I feel your pain but, I'm not clear on what the real dispute is.

From what I can gather from your posts so far, you already paid for the engine and the Bill is for labor and material to install. You didn't obtain a quotation, rather it was an vague estimate, I assume on a time and material basis? Did you sign a release that allowed him to start work based on the estimate? ( I have to sign a contract/release for any work done on my boat by the yard)

The engine has now been installed but not tested because it's on the hard, and needs some work to fair the exhaust port.

Is the fairing of the exhaust port something the mechanic would do? Or would that require another contractor? Was the hole necessary to install the engine properly?

I think it's important to understand exactly what resolution you are seeking?

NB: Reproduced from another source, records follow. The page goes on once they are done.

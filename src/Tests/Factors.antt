-- ===== src/Tests/Factors.antt =====
-- A second factor, backup codes and a magic link of the user of Tests/Accounts. The cipher is replaced
-- by the identity, and Base64 by a code with two letters for each.
use Prim.Native.Char.{Char, code}
use text.Mathlib.TextEquality.{Char-path}
use multi_tenant_collaborati.Common.{
  ℕ, ◌==◌, ◌-◌, ◌≡◌, refl, inl, inr, String, Bool, true, false, some, List, [], ◌∷◌, arith, ok, err,
  ltb, if◌then◌else◌, Bool-cases, unauthorized_error,
}
use multi_tenant_collaborati.Organization.Membership.{member}
use multi_tenant_collaborati.Auth.Row.{UserRow, AuthDb}
use multi_tenant_collaborati.Auth.Repository.{find_user_by_id, find_user_by_email}
use multi_tenant_collaborati.Auth.Token.{TokenPair}
use multi_tenant_collaborati.Auth.Mfa.{enable_totp, verify_user_totp, verify_backup_code}
use multi_tenant_collaborati.Auth.MagicLink.{MagicDb, request_link, verify_link}
use multi_tenant_collaborati.Auth.SecondFactor.{
  verify_user_totp-enable_totp, fitting, backup_code_used, magic_link_once,
}
use multi_tenant_collaborati.Crypto.{Cipher, is_colon}
use multi_tenant_collaborati.Crypto.RoundTrip.{has_colon, IsCipher}
use multi_tenant_collaborati.Tests.Accounts.{accounts, user, same_text, same_hash, drawn_next}

abbrev escape : String → String
escape String.[] = String.[]
escape (String.◌∷◌ c s) =
    let rest = escape s in
    if is_colon c then String.◌∷◌ "b" (String.◌∷◌ "b" rest) else String.◌∷◌ "a" (String.◌∷◌ c rest)

abbrev reveal : String → String
reveal String.[] = String.[]
reveal (String.◌∷◌ c String.[]) = String.[]
reveal (String.◌∷◌ c (String.◌∷◌ d s)) =
    let rest = reveal s in if code c == 98 then String.◌∷◌ ":" rest else String.◌∷◌ d rest

is_colon_eq : (c : Char) → is_colon c ≡ true → ":" ≡ c
is_colon_eq c h = Char-path ":" c (ground arith)

escape_no_colon : (s : String) → has_colon (escape s) ≡ false
unfolding has_colon
escape_no_colon String.[] = refl
escape_no_colon (String.◌∷◌ c s) = elim (Bool-cases (is_colon c)) [
  | inl colon ↦ rw colon (escape_no_colon s)
  | inr other ↦ rw (other, other) (escape_no_colon s)
]

reveal-escape : (s : String) → reveal (escape s) ≡ s
reveal-escape String.[] = refl
reveal-escape (String.◌∷◌ c s) = elim (Bool-cases (is_colon c)) [
  | inl colon ↦ rw (colon, reveal-escape s, is_colon_eq c colon) refl
  | inr other ↦ rw (other, reveal-escape s) refl
]

abbrev cipher : Cipher String
cipher = record {
  to_base64 = escape;
  from_base64 = reveal;
  seal = λ key iv plaintext. (plaintext, "tag");
  unseal = λ key iv tag enc. some enc;
}

cipher-IsCipher : IsCipher cipher
cipher-IsCipher = record {
  no_colon = escape_no_colon;
  decodes = reveal-escape;
  opens = λ key iv plaintext. refl;
}

found_user : find_user_by_id 7 accounts.users ≡ some user
unfolding find_user_by_id
found_user = refl

-- The code of a secret is its first letter.
abbrev code_fits : String → String → Bool
code_fits String.[] secret = false
code_fits (String.◌∷◌ c token) String.[] = false
code_fits (String.◌∷◌ c token) (String.◌∷◌ d secret) = code c == code d

verify_user_totp-enable_totp_example :
    verify_user_totp cipher "key" code_fits 7 "J"
      (enable_totp cipher "key" "vector" 7 "JBSW:Y3D" accounts)
    ≡ some true
verify_user_totp-enable_totp_example =
    verify_user_totp-enable_totp cipher code_fits "key" "vector" 7 "JBSW:Y3D" "J" accounts user
      cipher-IsCipher found_user

abbrev one_code : AuthDb
one_code = record accounts { users = record user { mfa_backup_codes = "hash" ∷ [] } ∷ [] }

found_one_code :
    find_user_by_id 7 one_code.users ≡ some (record user { mfa_backup_codes = "hash" ∷ [] })
unfolding find_user_by_id
found_one_code = refl

abbrev is_five : List ℕ → String → Bool
is_five [] hash = false
is_five (n ∷ ns) hash = n == 5

backup_code_used_example :
    let (accepted, after) = verify_backup_code is_five 7 (5 ∷ []) one_code in
    (accepted ≡ ltb 0 (fitting is_five (5 ∷ []) ("hash" ∷ [])))
    × ((row' : UserRow) × (find_user_by_id 7 after.users ≡ some row')
        × (fitting is_five (5 ∷ []) row'.mfa_backup_codes
            ≡ fitting is_five (5 ∷ []) ("hash" ∷ []) - 1))
backup_code_used_example =
    backup_code_used is_five 7 (5 ∷ []) one_code (record user { mfa_backup_codes = "hash" ∷ [] })
      found_one_code

abbrev no_links : MagicDb
no_links = record { auth = accounts; links = []; outbox = [] }

found_by_email :
    find_user_by_email same_text (same_text "ada@example.org") no_links.auth.users ≡ some user
unfolding find_user_by_email
found_by_email = refl

magic_link_once_example :
    let (answer, after) =
      verify_link same_hash 900 50 drawn_next 3 66
        (request_link same_text same_hash 40 66 "ada@example.org" (some 1) no_links) in
    ((pair : TokenPair) × (answer ≡ ok pair)
      × (pair.access_token.sub ≡ 7)
      × (pair.access_token.org_id ≡ some 1)
      × (pair.access_token.role ≡ member))
    × (verify_link same_hash 900 60 drawn_next 4 66 after
        ≡ (err (unauthorized_error "INVALID_OR_EXPIRED_TOKEN"), after))
magic_link_once_example =
    magic_link_once same_text same_hash 900 40 50 60 66 drawn_next drawn_next 3 4 "ada@example.org"
      (some 1) user no_links found_by_email found_user (omega arith)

It sucks, that the season is lost, but I don't think you can expect a bill reduction or compensation for that. While you were very badly treated IMO, in a sense, you allowed it to continue, The mechanic could have been discharged the 1st time.

The mismatched name of the boat sounds like an clerical error but probably doesn't relieve you of the debt.

If you didn't receive the corrected/adjusted invoice ask for a copy..and go over it with the mechanic. If the sea-trial is on the invoice and it hasn't taken place yet, it's reasonable to ask to have it removed. Are there any other discrepancies?

It sounds like all you need to do is fair the hole, splash the boat and start the engine..and negotiate a fair settlement of the bill. I get that you are pissed, but throwing money at a lawyer will not get the season back for you. Do you think there's enough money in... actual..dispute to make it worth the time, energy and expense?

Best of luck to you! There's always next season and you will have a new engine!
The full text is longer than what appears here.